WHAT IS REQUIRED: Taking the listing below, restate word for word each line from the line with "p_varint-IsPayload f v = append-IsPayload" to the line with "weaker (length (b", ends included, and stop there.

EXERCISE MATERIALS:

◆ ◆ ◆ ◆

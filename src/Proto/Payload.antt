-- ===== src/Proto/Payload.antt =====
-- How long the encoded fields can get, and that they are bytes.
use construct_protos.Prelude.{
  ℕ, zero, suc, ◌+◌, ◌*◌, ◌≤◌, ◌<◌, ◌≡◌, List, [], ◌∷◌, ◌++◌, Bool, true, false, ◌&&◌, ltb, All,
  arith, concat, length, length-append, and_inv, ltb→lt,
}
use construct_protos.Bytes.{Bytes, IsByte}
use construct_protos.Bytes.Made.{AreBytes, ◌&◌}
use construct_protos.Proto.{varint, key, p_bytes, p_string, p_varint, utf8, utf8_char}
use construct_protos.Proto.Varint.{varint_shape}

-- Bytes, `n` of them at most.
pub record IsPayload (n : ℕ) (b : Bytes) : Type 0 where
  pub bytes : AreBytes b
  pub short : length b ≤ n

-- The code points of a text.
abbrev pub IsText : List ℕ → Type 0
IsText s = All (λ c. c < 0x11_0000) s

pub nothing-IsPayload : IsPayload 0 []
nothing-IsPayload = record { bytes = record { all = tt }; short = omega arith }

pub append-IsPayload :
    {m n : ℕ} {a b : Bytes} → IsPayload m a → IsPayload n b → IsPayload (m + n) (a ++ b)
append-IsPayload {m} {n} {a} {b} h k =
    let l = length-append a b in
    record { bytes = h.bytes & k.bytes; short = omega (arith, l, h.short, k.short) }

pub weaker : {m : ℕ} (n : ℕ) {b : Bytes} → m ≤ n → IsPayload m b → IsPayload n b
weaker n le h = record { bytes = h.bytes; short = omega (arith, le, h.short) }

varint-IsPayload : (n : ℕ) → IsPayload 10 (varint n)
varint-IsPayload n =
    let (bytes, some', few) = varint_shape n in
    record { bytes = record { all = bytes }; short = few }

key-IsPayload : (f w : ℕ) → IsPayload 10 (key f w)
unfolding key
key-IsPayload f w = varint-IsPayload _

pub p_bytes-IsPayload :
    (f : ℕ) {n : ℕ} {b : Bytes} → IsPayload n b → IsPayload (20 + n) (p_bytes f b)
unfolding p_bytes
p_bytes-IsPayload f {n} {b} h =
    weaker (20 + n) (omega arith)
      (append-IsPayload (key-IsPayload f 2) (append-IsPayload (varint-IsPayload (length b)) h))

pub p_varint-IsPayload : (f v : ℕ) → IsPayload 20 (p_varint f v)
unfolding p_varint
p_varint-IsPayload f v = append-IsPayload (key-IsPayload f 0) (varint-IsPayload v)

char-IsByte : (c : ℕ) → c < 0x11_0000 → All IsByte (utf8_char c)
char-IsByte c h = ground arith

char-short : (c : ℕ) → length (utf8_char c) ≤ 4
char-short c = ground arith

pub utf8-IsPayload : (s : List ℕ) → IsText s → IsPayload (length s * 4) (utf8 s)
unfolding utf8
utf8-IsPayload [] h = nothing-IsPayload
utf8-IsPayload (c ∷ s) h =
    let first : IsPayload 4 (utf8_char c) = record {
      bytes = record { all = char-IsByte c h.0 };
      short = char-short c;
    } in
    weaker (length (c ∷ s) * 4) (omega arith) (append-IsPayload first (utf8-IsPayload s h.1))

pub p_string-IsPayload :
    (f : ℕ) (s : List ℕ) → IsText s → IsPayload (20 + length s * 4) (p_string f s)
unfolding p_string
p_string-IsPayload f s h = p_bytes-IsPayload f (utf8-IsPayload s h)

-- Parts in a row, each of `n` bytes at most.
pub concat-IsPayload :
    (n : ℕ) (bs : List Bytes) → All (IsPayload n) bs → IsPayload (length bs * n) (concat bs)
concat-IsPayload n [] h = weaker (length {A = Bytes} [] * n) (omega arith) nothing-IsPayload
concat-IsPayload n (b ∷ bs) h =
    weaker (length (b ∷ bs) * n) (omega arith) (append-IsPayload h.0 (concat-IsPayload n bs h.1))

-- A test for bytes that are known.
unfoldable pub is_payload : ℕ → Bytes → Bool
is_payload n [] = true
is_payload zero (b ∷ bs) = false
is_payload (suc n) (b ∷ bs) = ltb b 256 && is_payload n bs

pub is_payload-IsPayload : (n : ℕ) (b : Bytes) → is_payload n b ≡ true → IsPayload n b
unfolding is_payload
is_payload-IsPayload n [] e = record { bytes = record { all = tt }; short = omega arith }
is_payload-IsPayload zero (b ∷ bs) e = cc
is_payload-IsPayload (suc n) (b ∷ bs) e =
    let (first, rest) = and_inv _ _ e in
    let more = is_payload-IsPayload n bs rest in
    record {
      bytes = record { all = (ltb→lt b 256 first, more.bytes.all) };
      short = omega (arith, more.short);
    }
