-- ===== src/History/Records/Sized.antt =====
-- The payloads that the generator makes are bytes, and far below the cap.
use construct_protos.Prelude.{
  ℕ, zero, suc, ◌+◌, ◌≤◌, ◌<◌, ◌≡◌, refl, ap, List, [], ◌∷◌, ◌++◌, true, All, arith, length,
  length-append,
}
use construct_protos.Prelude.Result.{ok}
use construct_protos.Bytes.{Bytes, codes, pack_le}
use construct_protos.Proto.{p_bytes, p_string, p_varint, p_bool, p_msg, key, varint, utf8}
use construct_protos.Proto.Payload.{
  IsPayload, IsText, nothing-IsPayload, append-IsPayload, weaker, p_bytes-IsPayload,
  p_varint-IsPayload, p_string-IsPayload, concat-IsPayload, is_payload, is_payload-IsPayload,
}
use construct_protos.History.Sealed.{snapshot_id, user_id}
use construct_protos.History.Records.{
  Counts, encode_manifest, encode_contact, encode_chat, encode_text_message, encode_album_message,
  encode_profile_share, encode_reaction, encode_peer, encode_call, encode_media,
  encode_media_blob_first, split_from, split_blob, encode_split_media, created_at, peer_user,
}

abbrev pub limit : ℕ
limit = 4096

-- The payloads that have no argument.
known :
    All
      (λ b. is_payload limit b ≡ true)
      (encode_contact
        ∷ encode_chat
        ∷ encode_text_message
        ∷ encode_album_message
        ∷ encode_reaction
        ∷ encode_call
        ∷ encode_media
        ∷ encode_media_blob_first
        ∷ codes "future-group"
        ∷ [])
unfolding is_payload encode_contact encode_chat encode_text_message encode_album_message
    encode_reaction encode_call encode_media encode_media_blob_first p_bytes key varint p_string
    utf8 p_bool p_varint p_msg
known = (refl, (refl, (refl, (refl, (refl, (refl, (refl, (refl, (refl, tt)))))))))

pub contact-IsPayload : IsPayload limit encode_contact
contact-IsPayload = is_payload-IsPayload limit encode_contact known.0

pub chat-IsPayload : IsPayload limit encode_chat
chat-IsPayload = is_payload-IsPayload limit encode_chat known.1.0

pub text_message-IsPayload : IsPayload limit encode_text_message
text_message-IsPayload = is_payload-IsPayload limit encode_text_message known.1.1.0

pub album_message-IsPayload : IsPayload limit encode_album_message
album_message-IsPayload = is_payload-IsPayload limit encode_album_message known.1.1.1.0

pub reaction-IsPayload : IsPayload limit encode_reaction
reaction-IsPayload = is_payload-IsPayload limit encode_reaction known.1.1.1.1.0

pub call-IsPayload : IsPayload limit encode_call
call-IsPayload = is_payload-IsPayload limit encode_call known.1.1.1.1.1.0

pub media-IsPayload : IsPayload limit encode_media
media-IsPayload = is_payload-IsPayload limit encode_media known.1.1.1.1.1.1.0

pub blob_first-IsPayload : IsPayload limit encode_media_blob_first
blob_first-IsPayload = is_payload-IsPayload limit encode_media_blob_first known.1.1.1.1.1.1.1.0

pub future-IsPayload : IsPayload limit (codes "future-group")
future-IsPayload = is_payload-IsPayload limit (codes "future-group") known.1.1.1.1.1.1.1.1.0

pub profile_share-IsPayload : (p : Bytes) × (encode_profile_share ≡ ok p) × IsPayload limit p
unfolding encode_profile_share is_payload p_bytes key varint p_string utf8 p_bool p_varint pack_le
profile_share-IsPayload = (_, refl, is_payload-IsPayload limit _ refl)

-- A text of 32 characters, as a device id is.
abbrev pub IsDeviceText : List ℕ → Type 0
IsDeviceText t = IsText t × (length t ≡ 32)

device-IsPayload : (f : ℕ) (t : List ℕ) → IsDeviceText t → IsPayload 200 (p_string f t)
device-IsPayload f t h = weaker 200 (omega (arith, h.1)) (p_string-IsPayload f t h.0)

number-IsPayload : (f v : ℕ) → IsPayload 200 (p_varint f v)
number-IsPayload f v = weaker 200 (omega arith) (p_varint-IsPayload f v)

pub manifest-IsPayload :
    (phase : ℕ) (t : List ℕ) (c : Counts)
    → IsDeviceText t
    → IsPayload limit (encode_manifest phase t c)
unfolding encode_manifest is_payload p_bytes key varint p_string utf8
manifest-IsPayload phase t c h = weaker limit (omega arith) (
    concat-IsPayload 200
      (p_varint 1 1
        ∷ p_bytes 2 snapshot_id
        ∷ p_bytes 3 user_id
        ∷ p_string 4 t
        ∷ p_varint 5 created_at
        ∷ p_string 6 (codes "test-1.0")
        ∷ p_varint 7 c.contact_count
        ∷ p_varint 8 c.chat_count
        ∷ p_varint 9 c.message_count
        ∷ p_varint 10 c.reaction_count
        ∷ p_varint 11 c.media_blob_count
        ∷ p_varint 12 c.media_byte_count
        ∷ p_varint 13 phase
        ∷ [])
      (
        number-IsPayload 1 1,
        (
          is_payload-IsPayload 200 _ refl,
          (
            is_payload-IsPayload 200 _ refl,
            (
              device-IsPayload 4 t h,
              (
                number-IsPayload 5 _,
                (
                  is_payload-IsPayload 200 _ refl,
                  (
                    number-IsPayload 7 _,
                    (
                      number-IsPayload 8 _,
                      (
                        number-IsPayload 9 _,
                        (
                          number-IsPayload 10 _,
                          (
                            number-IsPayload 11 _,
                            (number-IsPayload 12 _, (number-IsPayload 13 _, tt)),
                          ),
                        ),
                      ),
                    ),
                  ),
                ),
              ),
            ),
          ),
        ),
      ))

pub peer-IsPayload :
    (t : List ℕ) (identity : Bytes)
    → IsDeviceText t
    → IsPayload 32 identity
    → IsPayload limit (encode_peer t identity)
unfolding encode_peer is_payload p_bytes key varint
peer-IsPayload t identity h k = weaker limit (omega arith) (
    concat-IsPayload 200
      (p_bytes 1 peer_user ∷ p_string 2 t ∷ p_bytes 3 identity ∷ p_varint 4 created_at ∷ [])
      (
        is_payload-IsPayload 200 _ refl,
        (
          device-IsPayload 2 t h,
          (weaker 200 (omega arith) (p_bytes-IsPayload 3 k), (number-IsPayload 4 _, tt)),
        ),
      ))

split_from-IsPayload : (n i : ℕ) → IsPayload n (split_from n i) × (length (split_from n i) ≡ n)
unfolding split_from
split_from-IsPayload zero i = (nothing-IsPayload, refl)
split_from-IsPayload (suc n) i =
    let (h, l) = split_from-IsPayload n (i + 1) in
    (
      record {
        bytes = record { all = (omega arith, h.bytes.all) };
        short = omega (arith, h.short);
      },
      ap suc l,
    )

p_bytes_long : (f : ℕ) (b : Bytes) → length b ≤ length (p_bytes f b)
unfolding p_bytes
p_bytes_long f b =
    omega
      (arith, length-append (key f 2) (varint (length b) ++ b), length-append (varint (length b)) b)

-- The blob that crosses a chunk makes its payload longer than a chunk.
pub split_media-IsPayload :
    IsPayload 80_000 encode_split_media × (65_536 < length encode_split_media)
unfolding encode_split_media split_blob
split_media-IsPayload =
    let (h, l) = split_from-IsPayload 70_000 0 in
    let id = p_string 1 (codes "media-split") in
    let kind = p_string 2 (codes "video/mp4") in
    let blob = p_bytes 3 (split_from 70_000 0) in
    (
      weaker 80_000 (omega arith) (
          append-IsPayload (p_string-IsPayload 1 (codes "media-split") (omega arith)) (
            append-IsPayload (p_string-IsPayload 2 (codes "video/mp4") (omega arith))
              (p_bytes-IsPayload 3 h))),
      omega (
        arith,
        length-append id (kind ++ blob),
        length-append kind blob,
        p_bytes_long 3 (split_from 70_000 0),
        l,
      ),
    )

◆ ◆ ◆ ◆

EXPECTED ANSWER:
p_varint-IsPayload f v = append-IsPayload (key-IsPayload f 0) (varint-IsPayload v)

char-IsByte : (c : ℕ) → c < 0x11_0000 → All IsByte (utf8_char c)
char-IsByte c h = ground arith

char-short : (c : ℕ) → length (utf8_char c) ≤ 4
char-short c = ground arith

pub utf8-IsPayload : (s : List ℕ) → IsText s → IsPayload (length s * 4) (utf8 s)
unfolding utf8
utf8-IsPayload [] h = nothing-IsPayload
utf8-IsPayload (c ∷ s) h =
    let first : IsPayload 4 (utf8_char c) = record {
      bytes = record { all = char-IsByte c h.0 };
      short = char-short c;
    } in
    weaker (length (c ∷ s) * 4) (omega arith) (append-IsPayload first (utf8-IsPayload s h.1))

pub p_string-IsPayload :
    (f : ℕ) (s : List ℕ) → IsText s → IsPayload (20 + length s * 4) (p_string f s)
unfolding p_string
p_string-IsPayload f s h = p_bytes-IsPayload f (utf8-IsPayload s h)

-- Parts in a row, each of `n` bytes at most.
pub concat-IsPayload :
    (n : ℕ) (bs : List Bytes) → All (IsPayload n) bs → IsPayload (length bs * n) (concat bs)
concat-IsPayload n [] h = weaker (length {A = Bytes} [] * n) (omega arith) nothing-IsPayload
concat-IsPayload n (b ∷ bs) h =
    weaker (length (b ∷ bs) * n) (omega arith) (append-IsPayload h.0 (concat-IsPayload n bs h.1))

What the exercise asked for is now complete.